The Gophers went three-and-out, and Justin Kucek launched a 46-yard punt that was downed at the Northwestern 31-yard line. Kafka methodically marched the Wildcats into field goal range where placekicker Amado Villarreal connected from 34 yards out, and Northwestern led 10-0. Kafka was executing an efficient hurry-up offense that left Minnesota defenders in a funk. Gopher supporters expecting a grand homecoming celebration were seen muttering to themselves, apparently forgetting that Northwestern is not the same team that stumbled through its hapless Denny Green era. In the last five years, the Wildcats own the sixth-best Big Ten record. Where does Minnesota rank during that period? Eighth. No longer is Northwestern forced to compete with undersized linemen. The Wildcats’ offensive line from tackle-to-tackle weighs 295, 290, 285, 300, and 290 pounds, respectively.

Northwestern coach Pat Fitzgerald was thrust into that role in 2006 after the tragic death of Randy Walker. As a linebacker, Fitzgerald was the glue that held together Northwestern’s “Purple to Pasadena” drive to the Rose Bowl in 1995, the only legitimate miracle this writer has ever witnessed. At 33 years of age, Fitzgerald is the youngest football coach in the NCAA’s Football Bowl Subdivision. He was named by Sports Illustrated as one of college football’s top recruiters. “Our players fight, scratch, and claw for 60 minutes,” Fitzgerald said after the game. “If you keep doing that, good things will happen to you.”

It must be noted that after moping around the field for a quarter, the slumbering Gopher offense woke up. The ace combo of quarterback Adam Weber and receiver Eric Decker worked magic at the start of the second quarter with a touchdown pass and reception, and Minnesota was within 10-7. The Gophers even took the lead when Traye Simmons ran an errant Kafka pass into the end zone. This, however, served only to energize Kafka, who took off on a 53-yard scamper to the Minnesota two-yard line before hitting Josh Rooks with a touchdown pass. Minnesota tied the score with a Joel Monroe field goal, and the teams went into their respective locker rooms with the score tied at 17.

A look at Kafka’s performance reveals that he ran for 54 yards in the first quarter and, at halftime, had accumulated 97 yards of net rushing. In the third quarter, his running accounted for another 52 net yards. His total for the game was 217 net yards in 27 rushing attempts for an average of eight yards per run.

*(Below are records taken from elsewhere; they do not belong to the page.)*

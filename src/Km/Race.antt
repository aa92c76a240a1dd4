-- ===== src/Km/Race.antt =====
-- mymodule/kernel_module/intercept-module.c: two runs of `rxhPacketIn` at once. Nothing keeps a second CPU
-- out between the test of a slot's status and the mark that takes the slot.
use thesis_b_cs_tu_berlin.Prelude.{
  ℕ, zero, suc, ◌+◌, ◌%◌, ◌^◌, leb, ◌==◌, if◌then◌else◌, Bool-cases, ◌≡◌, refl, ap, ap₂, ◌∙◌, inl,
  inr, false, Option, none, some, arith,
}
use thesis_b_cs_tu_berlin.Params.{max_pkt, km_find_buff_slot_max_try}
use thesis_b_cs_tu_berlin.Memory.{le64, ◌>>=◌}
use thesis_b_cs_tu_berlin.Log.{log_store}
use thesis_b_cs_tu_berlin.Log.Entries.{log_store-after}
use thesis_b_cs_tu_berlin.Km.{Km, SkBuff, fill_slot, find_slot, take_packet}
use thesis_b_cs_tu_berlin.Km.Receive.{dropped, counted, packet_uid}
pub mod Loses

-- The search loop up to the slot that it takes, or its end with none.
unfoldable pub find_index : ℕ → ℕ → Km → Option ℕ
find_index zero write_index s = none
find_index (suc rounds) write_index s =
    let rest = find_index rounds ((write_index + 1) % max_pkt) s in
    if s.status write_index == 0 then some write_index else rest

-- The handler up to the moment at which it has found a slot to be free.
unfoldable pub handler_finds : SkBuff → ℕ → Km → Option (Option ℕ × Km)
handler_finds pkt now s = do
  uid ←
      (if leb (pkt.pkt_data + 28 + 16) pkt.linear.size
        then some (le64 pkt.linear.bytes (pkt.pkt_data + 28 + 8))
        else none)
  log ← log_store s.log_buffs uid now
  let found = find_index km_find_buff_slot_max_try s.current_index s
  let counts : Km = record s { count_pkt = (s.count_pkt + 1) % 2 ^ 64; log_buffs = log }
  some (found, elim found [ none ↦ dropped counts | some w ↦ counts ])

-- And from there on: the copy, the mark and the next index.
unfoldable pub handler_stores : SkBuff → Option ℕ → Km → Option Km
handler_stores pkt none s = some s
handler_stores pkt (some w) s = fill_slot pkt w s

abbrev store_or_drop : SkBuff → Option ℕ → Km → Option Km
store_or_drop pkt none s = some (dropped s)
store_or_drop pkt (some w) s = fill_slot pkt w s

find_slot-find_index :
    (pkt : SkBuff) (rounds w : ℕ) (s : Km)
    → find_slot pkt (suc rounds) w s ≡ store_or_drop pkt (find_index (suc rounds) w s) s
unfolding find_slot find_index
find_slot-find_index pkt zero w s = elim (Bool-cases (s.status w == 0)) [
  | inl free ↦ rw free refl
  | inr used ↦ rw used refl
]
find_slot-find_index pkt (suc rounds) w s = elim (Bool-cases (s.status w == 0)) [
  | inl free ↦ rw free refl
  | inr used ↦
      let not_last : (suc rounds == 0) ≡ false = ground arith in
      rw (used, not_last) (find_slot-find_index pkt rounds ((w + 1) % max_pkt) s)
]

find_index-frame :
    (rounds w : ℕ) (s s' : Km)
    → s.status ≡ s'.status
    → find_index rounds w s ≡ find_index rounds w s'
unfolding find_index
find_index-frame zero w s s' e = refl
find_index-frame (suc rounds) w s s' e =
    ap₂ (λ (status : ℕ → ℕ) (rest : Option ℕ). if status w == 0 then some w else rest) e
      (find_index-frame rounds ((w + 1) % max_pkt) s s' e)

-- One run of the handler is its two halves, one after the other.
pub take_packet-halves :
    (pkt : SkBuff) (now : ℕ) (s : Km)
    → take_packet pkt now s ≡ (handler_finds pkt now s >>= λ r. handler_stores pkt r.0 r.1)
unfolding take_packet handler_finds handler_stores
take_packet-halves pkt now s = elim (Bool-cases (leb (pkt.pkt_data + 28 + 16) pkt.linear.size)) [
  | inr short ↦ rw short refl
  | inl long ↦
      rw (long, log_store-after s.log_buffs (packet_uid pkt) now)
        (find_slot-find_index pkt 199 s.current_index (counted pkt now s)
          ∙ ap (λ f. store_or_drop pkt f (counted pkt now s))
              (find_index-frame 200 s.current_index (counted pkt now s) s refl)
          ∙ halves (find_index 200 s.current_index s))
]
  where
    halves :
        (f : Option ℕ)
        → store_or_drop pkt f (counted pkt now s)
          ≡ handler_stores pkt f
              (elim f [ none ↦ dropped (counted pkt now s) | some w ↦ counted pkt now s ])
    halves none = refl
    halves (some w) = refl

-- Two handlers at once, each of which finds its slot before either takes one.
unfoldable pub race : SkBuff → ℕ → SkBuff → ℕ → Km → Option Km
race pkt₁ now₁ pkt₂ now₂ s = do
  found₁ ← handler_finds pkt₁ now₁ s
  found₂ ← handler_finds pkt₂ now₂ found₁.1
  stored ← handler_stores pkt₁ found₁.0 found₂.1
  handler_stores pkt₂ found₂.0 stored
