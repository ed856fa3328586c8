-- ===== src/Lib.antt =====
-- go-signal is a Signal client: a library over a third-party protocol library, a command line, and
-- servers that programs use it through. Its own logic stands in internal/signal (what a message
-- may hold, what a poll has come to, how a connection is kept), internal/store (the tables of its
-- database), internal/app (recipients, the inbox) and internal/mcp (the tools of `mcp serve`).
-- A receive loop takes events from the client, keeps them in the inbox's table and reduces polls
-- from what is kept; a send goes through the resolution of its recipients, the allowlist, the
-- user's confirmation and the check of the request.
--
-- The files, each of which says which code it is about:
--   Base, Std   the lists, options, tests and strings that all share, and Go's unicode/utf8,
--               encoding/base64 and strconv as far as the code uses them.
--   Uuid        the third-party UUID library, an interface with what the checks use.
--   Types, Events   internal/signal/types.go, events.go and the files of single kinds of content:
--               the records, and the closed sum of incoming events.
--   Request     SendRequest.Check of internal/signal/send.go and the checks of poll_check.go,
--               pin_check.go, stories_send.go, sticker.go and styles.go; Request/Kinds the theorem.
--   Poll        ReducePoll of internal/signal/poll_reduce.go: State (PollState), Creation and
--               Observe (the two passes over the events), Reduce (the tally); the proofs are in
--               Validation, Tally, Retained, Order, Counting, Outcome, Lifecycle, Retention,
--               Relevance and Authority.
--   Reconnect   internal/signal/reconnect.go: Policy (backoff) and Supervisor, a state machine
--               whose steps are what ends a wait of the Go code; the proofs are in Backoff,
--               Progress and Reports.
--   Inbox       Table is internal/store/inbox.go, with Order and Marks about it; Classify and
--               Receive (with Growth and Receiving) are Run of internal/app/inbox.go, Receipts (with
--               Batches and Reading) internal/app/receipts.go and MarkRead, Pages (with Windows,
--               Split and Paging) List and its cursors, Entries (with Lookups) markReadEntries and
--               Message.
--   Pins        internal/app/pin_list.go: the pins of a chat, reduced from a snapshot of its inbox,
--               in Observation, Reducer and Listing, with Observed about them.
--   Counters    internal/store/poll_counters.go: the vote counter of each poll; Own is
--               internal/signal/poll_counters.go.
--   Policy      Targets is internal/app/recipient.go (with Resolving about it), Arguments the forms
--               of recipients, groups, references and allowlists in arguments, Allowlist
--               internal/app/policy.go (with Allowing, and Naming about whom an entry names).
--   Send        what goes out: Content and Deliver are the send of internal/app/send.go with its
--               stages in sendPreparedContent's order (with Delivery, Outcomes and Results about
--               them), StyleArguments, Prepare, Mentions and Message the checks and the content of a
--               message (styles.go, send.go, content.go, sticker.go), Emoji react.go, Pinning
--               pins.go (with PinGroups), PollChecks and Polling polls.go (with Voting), Receipt
--               viewed_receipts.go (with ReceiptChecks). Refusals is about all of them. The client is a
--               record of functions: what it answers may depend on what it was given before.
--   Groups      internal/signal/groups.go and its files of single changes: State, Members
--               (additions, removals, creation; Named is about whom they name), Changes (roles and
--               bans, with Promoting and Banning), Settings (with Updating), Leaving (with AdminCounts,
--               Promotions and Remaining) and Accepting.
--   Store       Rows (tables with a key), Timers (chat_timers.go, contacts.go, sticker_packs.go of
--               internal/store, with TimerLaws) and Projections (poll_projections.go, with Seeding,
--               PollKeys, Writing, Gathering and Reduced). Poll.Evidence and Poll.Encoding give it
--               the evidence of an event, and Poll.Show is internal/app/poll_show.go.
--   Identities  Trust is internal/signal/identity.go (with Numbers), Table the identities and their
--               pending updates of internal/store (with Trusting).
--   Names       internal/app/names.go and the names of internal/signal/contacts.go (with Labels);
--               Book is the names that an event needs and their reload.
--   Confirm     internal/mcp/confirm.go: the calls that wait for the user.
--   Tests       runs of the definitions, and the theorems at concrete inputs.
--
-- Go's int64, uint64 and uint32 are natural numbers, with their bounds written out where the code
-- reaches them (Poll.Observe, Reconnect.Policy, Inbox.Table, Counters, Groups.Changes, and the
-- timestamps of Send.Deliver). A string is its bytes, a time the nanoseconds since Go's zero time, a
-- map a list in the order that a walk of it takes. A Go error is a value; where errors are joined,
-- there is one. Loops go over lists (that of Run over the turns of its select: an event, or the end
-- of its context), and the supervisor goes over the acts of its environment. Two
-- loops have fuel: seed_from of Store.Projections takes one turn more than the inbox has rows, since
-- each turn but the last passes at least one, and blocks_from of Identities.Trust as many as the
-- number has bytes, since each drops five. Theorems say that both suffice.
--
-- Parameters are the client and what it answers, the directory of users, the UUID library, Unicode's
-- tables of letters and of printable characters, the decoder of images, the reading of files, the
-- encoding of events with its hash, what receipts reach the server, and what the store fails to do.
--
-- Not modelled: the protocol library and the code that only calls it, files, locks, accounts and
-- recovery of the store, the requests to the group server, profiles, stories' audiences, downloads,
-- the import of accounts, the JSON of events, printing and flags, and concurrency: each operation
-- runs by itself, as under the locks of the code.
mod Base
pub mod Std
pub mod Send
pub mod Store
pub mod Types
pub mod Events
pub mod Uuid
pub mod Request
pub mod Poll
pub mod Reconnect
pub mod Groups
pub mod Identities
pub mod Inbox
pub mod Counters
pub mod Policy
pub mod Confirm
pub mod Names
pub mod Pins
mod Tests
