-- ===== src/Base/Results.antt =====
-- The result of a Go function that also returns an error.
pub data Outcome {ℓ κ} (E : Type ℓ) (A : Type κ) : Type (ℓ ⊔ κ) where
  returns : A → Outcome E A
  fails : E → Outcome E A

module _ {ℓ} {E : Type ℓ} where
  -- The rest of a function after `if err != nil { return err }`.
  abbrev pub ◌>>=◌ {κ λ'} :
      {A : Type κ} {B : Type λ'} → Outcome E A → (A → Outcome E B) → Outcome E B
  returns a >>= f = f a
  fails e >>= f = fails e

  infixl 5 ◌>>=◌
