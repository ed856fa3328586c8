-- ===== src/Confirm.antt =====
-- internal/mcp/confirm.go: the confirmer's pending calls. A map is a list in the order that a walk
-- of it takes. The IDs that rand.Text makes and whether the client can ask the user are
-- parameters, and a call stands for its key (callKey).
pub mod Answers
use go_signal.Base.{
  ℕ, ◌+◌, ◌*◌, Bool, true, false, not, ◌&&◌, Option, none, some, List, [], ◌∷◌, ◌++◌, Bytes, codes,
  str_eq, ltb, select, find, if◌then◌else◌,
}

-- confirmTTL, in nanoseconds.
abbrev pub confirm_ttl : ℕ
confirm_ttl = 600 * 1_000_000_000

-- pendingCall under its ID.
pub record PendingCall : Type 0 where
  pub id : Bytes
  pub call : Bytes
  pub expires : ℕ

-- A response of the client to an input request; `none` is no ElicitResult, else its action.
pub record InputResponse : Type 0 where
  pub id : Bytes
  pub action : Option Bytes

pub data ConfirmError : Type 0 where
  mismatch not_confirmed no_elicitation : ConfirmError

-- What check returns: nil, nil; a result with the ID of the request; an error.
pub data CheckResult : Type 0 where
  go_ahead : CheckResult
  ask : Bytes → CheckResult
  refuse : ConfirmError → CheckResult

abbrev pub has_id : Bytes → PendingCall → Bool
has_id id p = str_eq p.id id

-- now.After(pending.expires)
abbrev pub is_expired : ℕ → PendingCall → Bool
is_expired now p = ltb p.expires now

-- confirmer.add
unfoldable pub add : List PendingCall → Bytes → ℕ → Bytes → List PendingCall
add pending call now text =
    select (λ p. not (is_expired now p) && not (has_id (codes "confirm-" ++ text) p)) pending
    ++ record { id = codes "confirm-" ++ text; call = call; expires = now + confirm_ttl } ∷ []

unfoldable pub unexpired : ℕ → Option PendingCall → Option PendingCall
unexpired now none = none
unexpired now (some p) = if is_expired now p then none else some p

-- confirmer.take
unfoldable pub take : List PendingCall → Bytes → ℕ → List PendingCall × Option PendingCall
unfolding unexpired
take pending id now =
    (select (λ p. not (has_id id p)) pending, unexpired now (find (has_id id) pending))

unfoldable pub is_accept : Option Bytes → Bool
is_accept none = false
is_accept (some action) = str_eq action (codes "accept")

-- The answer to a pending call that was taken.
unfoldable pub answer : Bytes → InputResponse → PendingCall → CheckResult
unfolding is_accept
answer call resp p =
    if not (str_eq p.call call)
    then refuse mismatch
    else if is_accept resp.action
    then go_ahead
    else refuse not_confirmed

module _ (can_elicit : Bool) (text : Bytes) where
  unfoldable pub asked : List PendingCall → Bytes → ℕ → List PendingCall × CheckResult
  unfolding add
  asked pending call now =
      if can_elicit
      then (add pending call now text, ask (codes "confirm-" ++ text))
      else (pending, refuse no_elicitation)

  -- The rest of check's loop, or the answer.
  unfoldable pub answered :
      Bytes
      → InputResponse
      → List PendingCall × Option PendingCall
      → List PendingCall × CheckResult
      → List PendingCall × CheckResult
  answered call resp (pending, none) rest = rest
  answered call resp (pending, some p) rest = (pending, answer call resp p)

  -- confirmer.check
  unfoldable pub check :
      List PendingCall → Bytes → ℕ → List InputResponse → List PendingCall × CheckResult
  unfolding asked answered take
  check pending call now [] = asked pending call now
  check pending call now (resp ∷ resps) =
      let taken = take pending resp.id now in
      answered call resp taken (check taken.0 call now resps)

Minnesota’s best opportunity to score in the second half was squandered when, after a 16-play, 92-yard drive to the Wildcat three-yard line, Monroe shanked (wide right) a field goal attempt from the 20.

“We didn’t play well enough in all three phases of the game,” Brewster told the media after the game’s conclusion. He lamented the defense’s inability to tackle Kafka. As for the offense: “For whatever reason, we didn’t get off our blocks well. We didn’t run the ball with any consistency. We must find more guys for our running game. We need to be more physical to run the ball better.” (Running back DeLeone Eskridge rushed for only 21 yards in nine carries. He and Weber were the only Gophers to carry the ball on running plays.)

As for the play that gave Northwestern the win, Brewster said, “Tipped balls in the middle of the field get intercepted. People who know football understand this.”

At Minnesota and Northwestern, the two Big Ten universities ranking highest in academic standards, we would like to think that football players are not talking about tipped balls today. One would like to imagine they are focused in deep discussions regarding the philosophy of Nietzche and the writings of Franz Kafka. And maybe even the insights of Roger Ebert.